== SUPPLIED ENTRIES ==

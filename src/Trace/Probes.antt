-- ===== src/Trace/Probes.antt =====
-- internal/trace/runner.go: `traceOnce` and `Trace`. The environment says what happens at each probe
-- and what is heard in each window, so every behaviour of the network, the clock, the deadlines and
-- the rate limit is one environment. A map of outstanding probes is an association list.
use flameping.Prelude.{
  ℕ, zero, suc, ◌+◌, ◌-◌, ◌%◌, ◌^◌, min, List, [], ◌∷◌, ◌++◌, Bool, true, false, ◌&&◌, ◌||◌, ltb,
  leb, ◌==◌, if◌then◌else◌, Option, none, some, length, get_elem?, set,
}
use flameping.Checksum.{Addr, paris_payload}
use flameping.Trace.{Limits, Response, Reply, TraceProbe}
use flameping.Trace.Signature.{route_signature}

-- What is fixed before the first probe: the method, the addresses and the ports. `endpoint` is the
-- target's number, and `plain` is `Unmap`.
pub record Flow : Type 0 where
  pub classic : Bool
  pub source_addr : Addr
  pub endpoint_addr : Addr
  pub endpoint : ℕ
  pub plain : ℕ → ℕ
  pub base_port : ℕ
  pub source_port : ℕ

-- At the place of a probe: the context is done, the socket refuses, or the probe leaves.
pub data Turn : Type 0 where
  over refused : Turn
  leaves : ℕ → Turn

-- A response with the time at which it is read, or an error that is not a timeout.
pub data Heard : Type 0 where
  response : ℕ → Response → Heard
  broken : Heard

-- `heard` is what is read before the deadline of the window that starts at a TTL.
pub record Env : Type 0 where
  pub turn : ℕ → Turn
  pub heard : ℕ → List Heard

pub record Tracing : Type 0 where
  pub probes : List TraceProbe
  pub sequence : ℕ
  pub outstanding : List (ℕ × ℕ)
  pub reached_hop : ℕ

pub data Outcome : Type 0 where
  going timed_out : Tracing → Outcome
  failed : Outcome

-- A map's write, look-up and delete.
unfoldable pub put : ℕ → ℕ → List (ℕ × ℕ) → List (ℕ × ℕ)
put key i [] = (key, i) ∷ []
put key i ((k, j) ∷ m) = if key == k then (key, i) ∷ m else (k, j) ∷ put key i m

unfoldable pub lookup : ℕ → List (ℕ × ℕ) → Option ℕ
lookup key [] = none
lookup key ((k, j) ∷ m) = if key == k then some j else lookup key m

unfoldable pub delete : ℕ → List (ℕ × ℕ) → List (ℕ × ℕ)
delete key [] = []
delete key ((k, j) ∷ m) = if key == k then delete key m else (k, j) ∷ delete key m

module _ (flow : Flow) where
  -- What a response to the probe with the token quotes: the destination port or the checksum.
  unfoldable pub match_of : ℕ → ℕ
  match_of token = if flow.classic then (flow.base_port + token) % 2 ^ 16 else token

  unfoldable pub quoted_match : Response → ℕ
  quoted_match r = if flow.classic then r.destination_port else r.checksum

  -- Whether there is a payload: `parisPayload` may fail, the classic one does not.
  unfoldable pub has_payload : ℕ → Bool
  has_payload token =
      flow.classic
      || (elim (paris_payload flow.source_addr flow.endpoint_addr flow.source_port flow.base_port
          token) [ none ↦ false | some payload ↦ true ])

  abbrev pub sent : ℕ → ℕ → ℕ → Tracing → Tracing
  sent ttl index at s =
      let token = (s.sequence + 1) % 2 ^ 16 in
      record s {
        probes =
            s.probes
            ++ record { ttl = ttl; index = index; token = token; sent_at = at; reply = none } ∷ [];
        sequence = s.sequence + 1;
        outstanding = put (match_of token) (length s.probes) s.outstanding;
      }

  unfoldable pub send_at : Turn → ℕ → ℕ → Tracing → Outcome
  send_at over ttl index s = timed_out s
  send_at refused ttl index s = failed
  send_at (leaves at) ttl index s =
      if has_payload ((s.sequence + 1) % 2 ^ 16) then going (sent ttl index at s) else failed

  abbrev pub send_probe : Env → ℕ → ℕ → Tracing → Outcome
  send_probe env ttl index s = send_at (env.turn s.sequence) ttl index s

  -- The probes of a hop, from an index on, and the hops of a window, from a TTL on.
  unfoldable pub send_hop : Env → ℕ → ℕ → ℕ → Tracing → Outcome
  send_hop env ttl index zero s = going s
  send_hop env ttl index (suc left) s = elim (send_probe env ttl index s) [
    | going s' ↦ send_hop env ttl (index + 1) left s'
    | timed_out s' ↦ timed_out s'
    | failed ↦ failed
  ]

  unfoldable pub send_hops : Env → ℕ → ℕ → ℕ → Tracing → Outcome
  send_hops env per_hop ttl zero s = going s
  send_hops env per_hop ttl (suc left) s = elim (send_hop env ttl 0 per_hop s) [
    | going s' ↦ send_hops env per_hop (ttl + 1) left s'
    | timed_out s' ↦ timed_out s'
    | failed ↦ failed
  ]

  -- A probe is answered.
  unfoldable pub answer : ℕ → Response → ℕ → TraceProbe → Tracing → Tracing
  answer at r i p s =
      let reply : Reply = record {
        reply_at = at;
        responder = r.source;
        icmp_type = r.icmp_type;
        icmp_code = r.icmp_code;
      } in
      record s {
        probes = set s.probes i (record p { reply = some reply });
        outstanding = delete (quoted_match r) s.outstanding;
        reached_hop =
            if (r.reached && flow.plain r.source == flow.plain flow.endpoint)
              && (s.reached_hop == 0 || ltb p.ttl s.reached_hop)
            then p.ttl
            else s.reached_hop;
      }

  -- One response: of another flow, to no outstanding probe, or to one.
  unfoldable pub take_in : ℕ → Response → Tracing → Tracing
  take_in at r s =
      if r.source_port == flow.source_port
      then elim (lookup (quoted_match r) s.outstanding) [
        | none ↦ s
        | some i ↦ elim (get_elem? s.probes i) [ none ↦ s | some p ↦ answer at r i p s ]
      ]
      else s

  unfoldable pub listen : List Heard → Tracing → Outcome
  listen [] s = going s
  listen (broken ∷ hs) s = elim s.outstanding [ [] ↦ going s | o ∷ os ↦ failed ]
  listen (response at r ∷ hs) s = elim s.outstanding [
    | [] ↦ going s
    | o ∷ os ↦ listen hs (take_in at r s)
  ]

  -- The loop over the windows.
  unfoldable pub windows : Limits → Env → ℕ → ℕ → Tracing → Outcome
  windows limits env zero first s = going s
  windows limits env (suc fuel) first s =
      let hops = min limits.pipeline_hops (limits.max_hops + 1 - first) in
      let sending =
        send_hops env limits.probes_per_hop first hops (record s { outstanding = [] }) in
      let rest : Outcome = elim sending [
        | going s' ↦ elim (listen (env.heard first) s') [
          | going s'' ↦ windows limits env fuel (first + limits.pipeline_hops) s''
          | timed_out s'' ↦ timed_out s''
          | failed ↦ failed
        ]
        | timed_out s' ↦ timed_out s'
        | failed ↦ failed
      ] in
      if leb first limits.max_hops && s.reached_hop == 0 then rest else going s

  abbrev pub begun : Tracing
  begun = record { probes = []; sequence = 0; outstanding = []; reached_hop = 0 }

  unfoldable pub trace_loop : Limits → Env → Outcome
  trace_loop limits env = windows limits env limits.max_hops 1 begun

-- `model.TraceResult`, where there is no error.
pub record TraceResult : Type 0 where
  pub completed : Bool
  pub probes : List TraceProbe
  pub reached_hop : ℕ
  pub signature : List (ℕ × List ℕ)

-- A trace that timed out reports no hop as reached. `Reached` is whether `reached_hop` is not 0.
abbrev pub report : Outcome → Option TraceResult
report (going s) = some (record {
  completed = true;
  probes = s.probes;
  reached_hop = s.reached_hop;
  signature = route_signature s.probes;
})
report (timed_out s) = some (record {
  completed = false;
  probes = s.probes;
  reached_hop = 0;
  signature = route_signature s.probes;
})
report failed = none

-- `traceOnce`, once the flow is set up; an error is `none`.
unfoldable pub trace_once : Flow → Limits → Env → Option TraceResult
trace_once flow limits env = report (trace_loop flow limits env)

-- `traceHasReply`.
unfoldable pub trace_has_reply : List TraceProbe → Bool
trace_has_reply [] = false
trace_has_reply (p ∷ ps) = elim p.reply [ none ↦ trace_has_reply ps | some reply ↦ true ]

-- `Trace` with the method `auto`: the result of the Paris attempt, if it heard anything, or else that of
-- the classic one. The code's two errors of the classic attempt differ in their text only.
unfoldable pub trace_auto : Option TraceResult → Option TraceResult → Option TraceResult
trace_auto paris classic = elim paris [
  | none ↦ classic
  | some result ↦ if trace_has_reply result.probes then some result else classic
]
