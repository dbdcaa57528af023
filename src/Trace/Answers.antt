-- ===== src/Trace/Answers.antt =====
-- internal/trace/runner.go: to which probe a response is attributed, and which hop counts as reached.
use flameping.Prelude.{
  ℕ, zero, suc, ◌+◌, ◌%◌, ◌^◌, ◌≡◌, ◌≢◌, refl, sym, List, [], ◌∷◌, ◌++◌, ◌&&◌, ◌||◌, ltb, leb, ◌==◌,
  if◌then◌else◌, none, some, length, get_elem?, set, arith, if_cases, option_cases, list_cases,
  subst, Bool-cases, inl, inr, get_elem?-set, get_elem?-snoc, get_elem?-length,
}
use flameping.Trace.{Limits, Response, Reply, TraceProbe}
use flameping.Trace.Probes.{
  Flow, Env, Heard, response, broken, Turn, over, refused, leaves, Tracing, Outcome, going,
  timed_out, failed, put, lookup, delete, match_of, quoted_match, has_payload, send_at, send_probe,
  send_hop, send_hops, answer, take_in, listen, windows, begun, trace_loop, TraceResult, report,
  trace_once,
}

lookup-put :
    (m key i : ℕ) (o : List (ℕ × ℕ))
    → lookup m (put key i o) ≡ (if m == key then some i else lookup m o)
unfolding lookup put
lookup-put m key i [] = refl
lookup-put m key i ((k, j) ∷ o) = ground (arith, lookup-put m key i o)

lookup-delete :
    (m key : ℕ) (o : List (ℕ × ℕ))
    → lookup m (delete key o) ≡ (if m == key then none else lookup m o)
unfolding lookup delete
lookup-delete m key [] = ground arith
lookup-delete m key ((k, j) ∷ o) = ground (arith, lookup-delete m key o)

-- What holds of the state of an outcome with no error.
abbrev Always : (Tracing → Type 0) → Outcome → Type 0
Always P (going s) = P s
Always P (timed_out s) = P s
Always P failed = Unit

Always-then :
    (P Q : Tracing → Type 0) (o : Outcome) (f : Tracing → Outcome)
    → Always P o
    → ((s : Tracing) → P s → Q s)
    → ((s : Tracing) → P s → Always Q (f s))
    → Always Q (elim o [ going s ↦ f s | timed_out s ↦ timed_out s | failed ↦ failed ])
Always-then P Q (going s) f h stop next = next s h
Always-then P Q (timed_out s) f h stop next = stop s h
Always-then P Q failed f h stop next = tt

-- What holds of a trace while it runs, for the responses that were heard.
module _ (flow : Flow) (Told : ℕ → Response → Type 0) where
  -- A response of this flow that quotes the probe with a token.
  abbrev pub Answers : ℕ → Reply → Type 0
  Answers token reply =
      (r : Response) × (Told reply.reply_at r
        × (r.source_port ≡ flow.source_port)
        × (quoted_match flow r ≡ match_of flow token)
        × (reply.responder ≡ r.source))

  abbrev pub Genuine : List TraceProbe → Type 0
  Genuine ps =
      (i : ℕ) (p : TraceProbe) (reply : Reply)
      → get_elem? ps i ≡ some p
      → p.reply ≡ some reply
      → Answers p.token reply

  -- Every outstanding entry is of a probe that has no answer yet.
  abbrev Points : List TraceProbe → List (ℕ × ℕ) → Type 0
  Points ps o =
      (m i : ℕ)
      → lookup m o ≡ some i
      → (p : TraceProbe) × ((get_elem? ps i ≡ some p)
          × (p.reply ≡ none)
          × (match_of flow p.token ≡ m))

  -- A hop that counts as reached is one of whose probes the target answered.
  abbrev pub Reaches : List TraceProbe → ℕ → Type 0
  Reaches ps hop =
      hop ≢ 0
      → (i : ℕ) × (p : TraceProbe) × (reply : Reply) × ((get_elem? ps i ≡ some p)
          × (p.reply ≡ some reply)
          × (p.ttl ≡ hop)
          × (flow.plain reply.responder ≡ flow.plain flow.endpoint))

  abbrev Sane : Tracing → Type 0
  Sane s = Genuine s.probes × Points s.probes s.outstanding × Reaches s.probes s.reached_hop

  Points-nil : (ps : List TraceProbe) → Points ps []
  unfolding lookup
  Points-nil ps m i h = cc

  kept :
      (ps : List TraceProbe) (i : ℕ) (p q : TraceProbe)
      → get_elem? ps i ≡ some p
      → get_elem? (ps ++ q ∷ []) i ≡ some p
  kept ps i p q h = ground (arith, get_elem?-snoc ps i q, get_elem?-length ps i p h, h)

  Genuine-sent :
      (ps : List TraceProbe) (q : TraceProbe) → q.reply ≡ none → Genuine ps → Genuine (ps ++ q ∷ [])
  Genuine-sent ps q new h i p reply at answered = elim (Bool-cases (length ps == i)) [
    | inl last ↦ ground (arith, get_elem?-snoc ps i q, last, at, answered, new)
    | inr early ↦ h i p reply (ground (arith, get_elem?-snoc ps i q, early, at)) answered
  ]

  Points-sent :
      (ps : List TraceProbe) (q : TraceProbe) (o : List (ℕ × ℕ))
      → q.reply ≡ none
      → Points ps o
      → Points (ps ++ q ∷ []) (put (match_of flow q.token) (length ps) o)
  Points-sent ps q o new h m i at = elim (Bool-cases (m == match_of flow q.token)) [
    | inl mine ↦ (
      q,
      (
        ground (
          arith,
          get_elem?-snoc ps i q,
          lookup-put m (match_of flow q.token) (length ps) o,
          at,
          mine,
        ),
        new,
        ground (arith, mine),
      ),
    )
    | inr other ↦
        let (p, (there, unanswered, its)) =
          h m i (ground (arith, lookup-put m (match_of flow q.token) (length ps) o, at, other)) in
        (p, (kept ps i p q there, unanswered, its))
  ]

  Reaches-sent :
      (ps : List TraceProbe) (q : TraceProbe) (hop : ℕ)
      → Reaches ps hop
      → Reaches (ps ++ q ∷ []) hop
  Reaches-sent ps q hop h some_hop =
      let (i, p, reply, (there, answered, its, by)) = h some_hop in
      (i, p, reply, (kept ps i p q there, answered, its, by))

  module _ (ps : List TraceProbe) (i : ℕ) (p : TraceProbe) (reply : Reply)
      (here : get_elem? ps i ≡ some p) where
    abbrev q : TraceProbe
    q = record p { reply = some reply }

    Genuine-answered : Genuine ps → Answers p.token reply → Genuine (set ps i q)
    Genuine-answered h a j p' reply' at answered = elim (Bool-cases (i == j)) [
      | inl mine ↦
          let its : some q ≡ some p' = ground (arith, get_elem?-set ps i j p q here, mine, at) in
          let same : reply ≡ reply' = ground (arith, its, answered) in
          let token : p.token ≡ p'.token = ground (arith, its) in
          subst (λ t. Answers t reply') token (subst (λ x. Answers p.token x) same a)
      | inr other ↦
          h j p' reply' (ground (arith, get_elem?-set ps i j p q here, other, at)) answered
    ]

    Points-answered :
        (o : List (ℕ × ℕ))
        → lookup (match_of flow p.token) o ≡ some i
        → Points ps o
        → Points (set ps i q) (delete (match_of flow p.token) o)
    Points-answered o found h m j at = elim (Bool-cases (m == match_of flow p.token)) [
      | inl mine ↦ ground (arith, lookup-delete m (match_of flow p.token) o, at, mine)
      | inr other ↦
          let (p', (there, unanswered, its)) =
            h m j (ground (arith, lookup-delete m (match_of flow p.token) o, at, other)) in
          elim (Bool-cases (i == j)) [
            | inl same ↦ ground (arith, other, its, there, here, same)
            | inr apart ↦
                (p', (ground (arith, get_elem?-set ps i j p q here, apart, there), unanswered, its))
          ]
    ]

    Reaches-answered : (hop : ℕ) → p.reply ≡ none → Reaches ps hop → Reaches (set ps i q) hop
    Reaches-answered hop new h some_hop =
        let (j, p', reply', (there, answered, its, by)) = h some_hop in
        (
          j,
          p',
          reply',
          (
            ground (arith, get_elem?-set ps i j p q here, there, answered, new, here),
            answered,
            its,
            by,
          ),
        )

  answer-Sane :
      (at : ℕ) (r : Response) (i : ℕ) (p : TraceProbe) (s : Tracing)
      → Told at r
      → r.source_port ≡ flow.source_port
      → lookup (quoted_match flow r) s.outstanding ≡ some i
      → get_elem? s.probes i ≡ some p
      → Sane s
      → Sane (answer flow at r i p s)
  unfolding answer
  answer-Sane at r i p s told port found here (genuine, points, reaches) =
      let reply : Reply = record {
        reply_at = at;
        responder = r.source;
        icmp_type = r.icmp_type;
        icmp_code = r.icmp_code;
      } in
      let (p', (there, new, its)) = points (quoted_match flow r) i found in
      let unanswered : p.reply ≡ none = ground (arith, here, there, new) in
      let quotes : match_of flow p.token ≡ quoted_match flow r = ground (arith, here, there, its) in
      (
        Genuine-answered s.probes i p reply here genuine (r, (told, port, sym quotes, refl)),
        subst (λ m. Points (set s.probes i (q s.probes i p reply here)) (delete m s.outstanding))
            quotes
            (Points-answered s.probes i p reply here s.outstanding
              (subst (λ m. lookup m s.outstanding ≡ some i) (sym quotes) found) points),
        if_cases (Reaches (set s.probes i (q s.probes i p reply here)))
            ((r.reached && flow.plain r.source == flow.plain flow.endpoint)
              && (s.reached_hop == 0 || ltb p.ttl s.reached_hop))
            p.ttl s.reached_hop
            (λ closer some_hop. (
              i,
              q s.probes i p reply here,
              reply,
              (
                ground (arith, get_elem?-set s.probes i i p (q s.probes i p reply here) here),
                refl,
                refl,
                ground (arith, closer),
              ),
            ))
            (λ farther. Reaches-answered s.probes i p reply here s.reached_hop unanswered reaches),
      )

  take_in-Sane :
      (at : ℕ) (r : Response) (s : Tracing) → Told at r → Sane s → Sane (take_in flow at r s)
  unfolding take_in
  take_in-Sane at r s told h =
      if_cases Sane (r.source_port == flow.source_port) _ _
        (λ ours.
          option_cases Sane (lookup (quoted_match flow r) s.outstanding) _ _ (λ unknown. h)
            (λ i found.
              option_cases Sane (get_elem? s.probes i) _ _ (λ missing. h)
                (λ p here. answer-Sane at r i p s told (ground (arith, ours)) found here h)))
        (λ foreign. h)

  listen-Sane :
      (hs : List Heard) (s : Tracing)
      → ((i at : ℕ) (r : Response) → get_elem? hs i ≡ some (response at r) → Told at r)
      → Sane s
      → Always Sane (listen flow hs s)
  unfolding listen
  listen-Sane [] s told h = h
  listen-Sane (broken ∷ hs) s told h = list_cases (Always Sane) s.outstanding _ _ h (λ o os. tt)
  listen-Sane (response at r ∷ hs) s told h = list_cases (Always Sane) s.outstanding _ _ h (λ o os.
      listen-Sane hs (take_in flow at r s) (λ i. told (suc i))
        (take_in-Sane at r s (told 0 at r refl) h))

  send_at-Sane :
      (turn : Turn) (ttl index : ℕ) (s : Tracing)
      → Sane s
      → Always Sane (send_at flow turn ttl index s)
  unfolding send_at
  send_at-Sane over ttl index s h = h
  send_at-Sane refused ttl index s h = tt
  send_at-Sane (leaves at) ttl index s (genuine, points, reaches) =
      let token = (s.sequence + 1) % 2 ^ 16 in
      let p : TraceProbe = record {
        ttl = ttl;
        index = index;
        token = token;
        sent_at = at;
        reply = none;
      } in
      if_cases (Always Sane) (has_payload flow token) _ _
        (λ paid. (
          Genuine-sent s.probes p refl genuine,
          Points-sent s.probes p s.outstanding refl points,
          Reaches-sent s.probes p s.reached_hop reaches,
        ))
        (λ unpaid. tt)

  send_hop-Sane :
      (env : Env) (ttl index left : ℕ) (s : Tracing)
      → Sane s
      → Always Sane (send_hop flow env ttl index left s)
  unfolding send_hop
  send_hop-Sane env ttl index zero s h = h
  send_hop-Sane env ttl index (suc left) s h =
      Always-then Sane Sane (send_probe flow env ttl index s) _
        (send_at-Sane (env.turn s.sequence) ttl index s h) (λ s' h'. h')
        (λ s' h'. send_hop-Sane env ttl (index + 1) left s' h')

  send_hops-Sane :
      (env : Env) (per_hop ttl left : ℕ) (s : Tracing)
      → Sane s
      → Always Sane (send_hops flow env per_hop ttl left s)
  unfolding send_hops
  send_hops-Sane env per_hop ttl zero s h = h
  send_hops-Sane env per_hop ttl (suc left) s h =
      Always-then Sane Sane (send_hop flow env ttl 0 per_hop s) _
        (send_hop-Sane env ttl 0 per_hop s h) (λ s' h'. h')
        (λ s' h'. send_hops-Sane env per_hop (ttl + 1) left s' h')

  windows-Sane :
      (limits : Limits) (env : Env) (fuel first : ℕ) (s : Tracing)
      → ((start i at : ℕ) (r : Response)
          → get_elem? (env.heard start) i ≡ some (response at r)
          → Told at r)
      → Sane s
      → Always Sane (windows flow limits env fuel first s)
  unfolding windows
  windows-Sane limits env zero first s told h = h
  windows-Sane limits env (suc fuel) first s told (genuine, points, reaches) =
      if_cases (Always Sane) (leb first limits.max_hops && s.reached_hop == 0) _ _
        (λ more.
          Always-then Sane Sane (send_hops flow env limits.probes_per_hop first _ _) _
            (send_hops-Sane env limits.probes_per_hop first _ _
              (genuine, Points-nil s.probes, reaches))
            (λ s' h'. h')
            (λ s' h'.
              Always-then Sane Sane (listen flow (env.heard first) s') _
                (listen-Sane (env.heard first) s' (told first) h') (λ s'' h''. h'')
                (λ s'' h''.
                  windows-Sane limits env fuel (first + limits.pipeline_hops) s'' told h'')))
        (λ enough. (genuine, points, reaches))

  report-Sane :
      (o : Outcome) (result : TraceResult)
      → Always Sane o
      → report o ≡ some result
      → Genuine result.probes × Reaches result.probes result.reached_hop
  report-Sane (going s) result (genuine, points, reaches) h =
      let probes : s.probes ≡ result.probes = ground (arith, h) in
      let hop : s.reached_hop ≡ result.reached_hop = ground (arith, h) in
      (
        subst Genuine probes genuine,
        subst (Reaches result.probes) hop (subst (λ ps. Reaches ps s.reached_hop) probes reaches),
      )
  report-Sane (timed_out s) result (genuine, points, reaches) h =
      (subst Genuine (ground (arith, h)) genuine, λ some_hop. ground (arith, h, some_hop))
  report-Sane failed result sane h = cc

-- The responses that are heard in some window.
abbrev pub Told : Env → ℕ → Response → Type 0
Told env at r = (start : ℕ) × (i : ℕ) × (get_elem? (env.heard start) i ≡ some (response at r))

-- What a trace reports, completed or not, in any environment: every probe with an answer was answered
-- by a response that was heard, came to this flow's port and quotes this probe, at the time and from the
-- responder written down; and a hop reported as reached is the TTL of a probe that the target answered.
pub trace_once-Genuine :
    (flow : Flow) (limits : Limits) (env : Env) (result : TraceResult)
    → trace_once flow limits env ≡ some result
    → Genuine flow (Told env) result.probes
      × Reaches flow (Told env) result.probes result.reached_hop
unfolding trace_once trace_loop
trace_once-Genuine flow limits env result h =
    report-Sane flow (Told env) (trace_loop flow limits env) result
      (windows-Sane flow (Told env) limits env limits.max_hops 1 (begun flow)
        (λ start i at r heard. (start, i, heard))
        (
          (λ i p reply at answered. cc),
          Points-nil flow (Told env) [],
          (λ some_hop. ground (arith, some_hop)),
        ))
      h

===

THE TASK –
Find every line in the data above that holds the string "read". Give the number of such lines and nothing else.

ANSWER –
2